Sidharth Manjari, Agrawal P N, Araci Serkan
Department of Mathematics, Indian Institute of Technology Roorkee, Roorkee, 247667 India.
Department of Economics, Faculty of Economics, Administrative and Social Sciences, Hasan Kalyoncu University, Gaziantep, 27410 Turkey.
J Inequal Appl. 2017;2017(1):122. doi: 10.1186/s13660-017-1396-x. Epub 2017 May 23.
The present paper introduces the Szász-Durrmeyer type operators based on Boas-Buck type polynomials which include Brenke type polynomials, Sheffer polynomials and Appell polynomials considered by Sucu et al. (Abstr. Appl. Anal. 2012:680340, 2012). We establish the moments of the operator and a Voronvskaja type asymptotic theorem and then proceed to studying the convergence of the operators with the help of Lipschitz type space and weighted modulus of continuity. Next, we obtain a direct approximation theorem with the aid of unified Ditzian-Totik modulus of smoothness.

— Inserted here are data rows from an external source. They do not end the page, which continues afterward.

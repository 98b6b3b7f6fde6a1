-- ===== src/Cpip/Middleware.antt =====
-- `CPIPSecurityMiddleware` of backend/cpip_provider.py: the defence, the rate limit and the headers of
-- a response. Headers are a dictionary by their names in lower case.
use minima_pi_net_os.Prelude.{
  text_eq, str_eq, ℕ, ◌*◌, String, Str, codes, Bool, true, false, ◌||◌, Option, none, some, List,
  [], ◌∷◌, ◌++◌, length, keep, leb, Result, ok, ◌>>=◌, ◌==◌, if◌then◌else◌,
}
use minima_pi_net_os.Json.{Value, str, obj}
use minima_pi_net_os.Json.Number.{decimal}
use minima_pi_net_os.Dict.{Dict, get, put}
use minima_pi_net_os.RateLimiter.{live, timestamps, client_ip}
use minima_pi_net_os.Updater.{fields}
use minima_pi_net_os.Hsts.{HeaderDict, put_all, sts}
use minima_pi_net_os.Cpip.Defense.{Settings, Defense, check_request}
use minima_pi_net_os.Cpip.Defense

-- The class's settings; `second` is the ticks of a second.
pub record Limits : Type 0 where
  pub rate_limit : ℕ
  pub rate_window : ℕ
  pub second : ℕ

abbrev pub window : Limits → ℕ
window l = l.rate_window * l.second

abbrev pub RateCounts : Type 0
RateCounts = Dict String (List ℕ)

unfoldable pub check_rate_limit : Limits → String → ℕ → RateCounts → Bool × RateCounts
check_rate_limit l addr now rate_counts =
    let counts = keep (live (window l) now) (timestamps addr rate_counts) in
    if leb l.rate_limit (length counts)
    then (false, put addr counts rate_counts)
    else (true, put addr (counts ++ now ∷ []) rate_counts)

pub record Request : Type 0 where
  pub client : Option String
  pub scheme : Str
  pub path : Str
  pub method : Str
  pub headers : HeaderDict

pub data Content : Type 0 where
  json : Value → Content
  other : Str → Content

pub record Response : Type 0 where
  pub status_code : ℕ
  pub content : Content
  pub headers : HeaderDict

-- What the class keeps, with that of the defence.
pub record State : Type 0 where
  pub defense : Defense
  pub rate_counts : RateCounts

abbrev pub header_or_empty : Option Str → Str
header_or_empty none = []
header_or_empty (some v) = v

abbrev pub probe_of : Request → Defense.Request
probe_of r = record {
  path = r.path;
  method = r.method;
  user_agent = header_or_empty (get (codes "user-agent") r.headers);
  accept_additions = get (codes "accept-additions") r.headers;
}

-- `JSONResponse`: the content type is a header of its own.
abbrev pub json_response : ℕ → Value → HeaderDict → Response
json_response status_code content headers = record {
  status_code = status_code;
  content = json content;
  headers = put (codes "content-type") (codes "application/json") headers;
}

abbrev pub teapot : Response
teapot =
    json_response 418
      (obj (
        fields (
          (codes "error", str (codes "I'm a teapot"))
          ∷ (codes "detail", str (codes "Probe detected"))
          ∷ [])))
      ((codes "cpip-defense", codes "blocked") ∷ [])

abbrev pub too_many : Limits → Response
too_many l =
    json_response 429 (obj (fields ((codes "error", str (codes "Rate limit exceeded")) ∷ [])))
      ((codes "retry-after", decimal l.rate_window) ∷ [])

unfoldable pub csp_value : Str
csp_value =
    codes
      "default-src 'self'; script-src 'self' 'unsafe-inline' 'unsafe-eval'; style-src 'self' 'unsafe-inline'; img-src 'self' data: blob:; font-src 'self' data:; connect-src 'self' ws: wss: http: https:; object-src 'none'; frame-ancestors 'none'"

-- The headers of every response that passes, in the order in which they are set.
abbrev pub security_headers : Str → HeaderDict
security_headers version =
    (codes "x-content-type-options", codes "nosniff")
    ∷ (codes "x-frame-options", codes "DENY")
    ∷ (codes "x-xss-protection", codes "1; mode=block")
    ∷ (codes "referrer-policy", codes "no-referrer")
    ∷ (codes "content-security-policy", csp_value)
    ∷ (
      codes "permissions-policy",
      codes "camera=(), microphone=(), geolocation=(), payment=(), usb=()",
    )
    ∷ (codes "x-permitted-cross-domain-policies", codes "none")
    ∷ (codes "cross-origin-embedder-policy", codes "require-corp")
    ∷ (codes "cross-origin-opener-policy", codes "same-origin")
    ∷ (codes "cross-origin-resource-policy", codes "same-origin")
    ∷ (codes "cpip-version", version)
    ∷ (codes "cpip-provider", codes "active")
    ∷ []

abbrev forwarded : Option Str → Bool
forwarded none = false
forwarded (some proto) = proto == codes "https"

unfoldable pub is_secure : Request → Bool
is_secure r = r.scheme == codes "https" || forwarded (get (codes "x-forwarded-proto") r.headers)

unfoldable pub dressed : Str → Request → Response → Response
dressed version r response =
    let headers = put_all (security_headers version) response.headers in
    record response {
      headers =
          if is_secure r
          then put sts (codes "max-age=31536000; includeSubDomains; preload") headers
          else headers;
    }

module _ (s : Settings) (l : Limits) (version : Str) where
  -- The rate limit and, where it is kept, what the application answers; `call_next` may raise.
  unfoldable pub limited : ℕ → String → Request → Result Response → State → Result Response × State
  limited now addr r call_next st =
      let (admitted, counts) = check_rate_limit l addr now st.rate_counts in
      let after = record st { rate_counts = counts } in
      if admitted
      then (call_next >>= λ response. ok (dressed version r response), after)
      else (ok (too_many l), after)

  unfoldable pub call : ℕ → Request → Result Response → State → Result Response × State
  call now r call_next st =
      let addr = client_ip r.client in
      let (blocked, defense) = check_request s now addr (probe_of r) st.defense in
      let after = record st { defense = defense } in
      if blocked then (ok teapot, after) else limited now addr r call_next after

Furthermore, we study the approximation of functions whose derivatives are locally of bounded variation.
本文介绍了基于博阿斯 - 巴克型多项式的萨兹 - 杜尔梅耶型算子,其中包括苏库等人(《抽象与应用分析》2012:680340,2012)所考虑的布伦克型多项式、谢弗多项式和Appell多项式。我们建立了该算子的矩和一个沃罗诺夫斯卡娅型渐近定理,然后借助利普希茨型空间和加权连续模来研究该算子的收敛性。接下来,我们借助统一的迪茨安 - 托蒂克光滑模得到一个直接逼近定理。此外,我们研究了其导数局部有界变差的函数的逼近问题。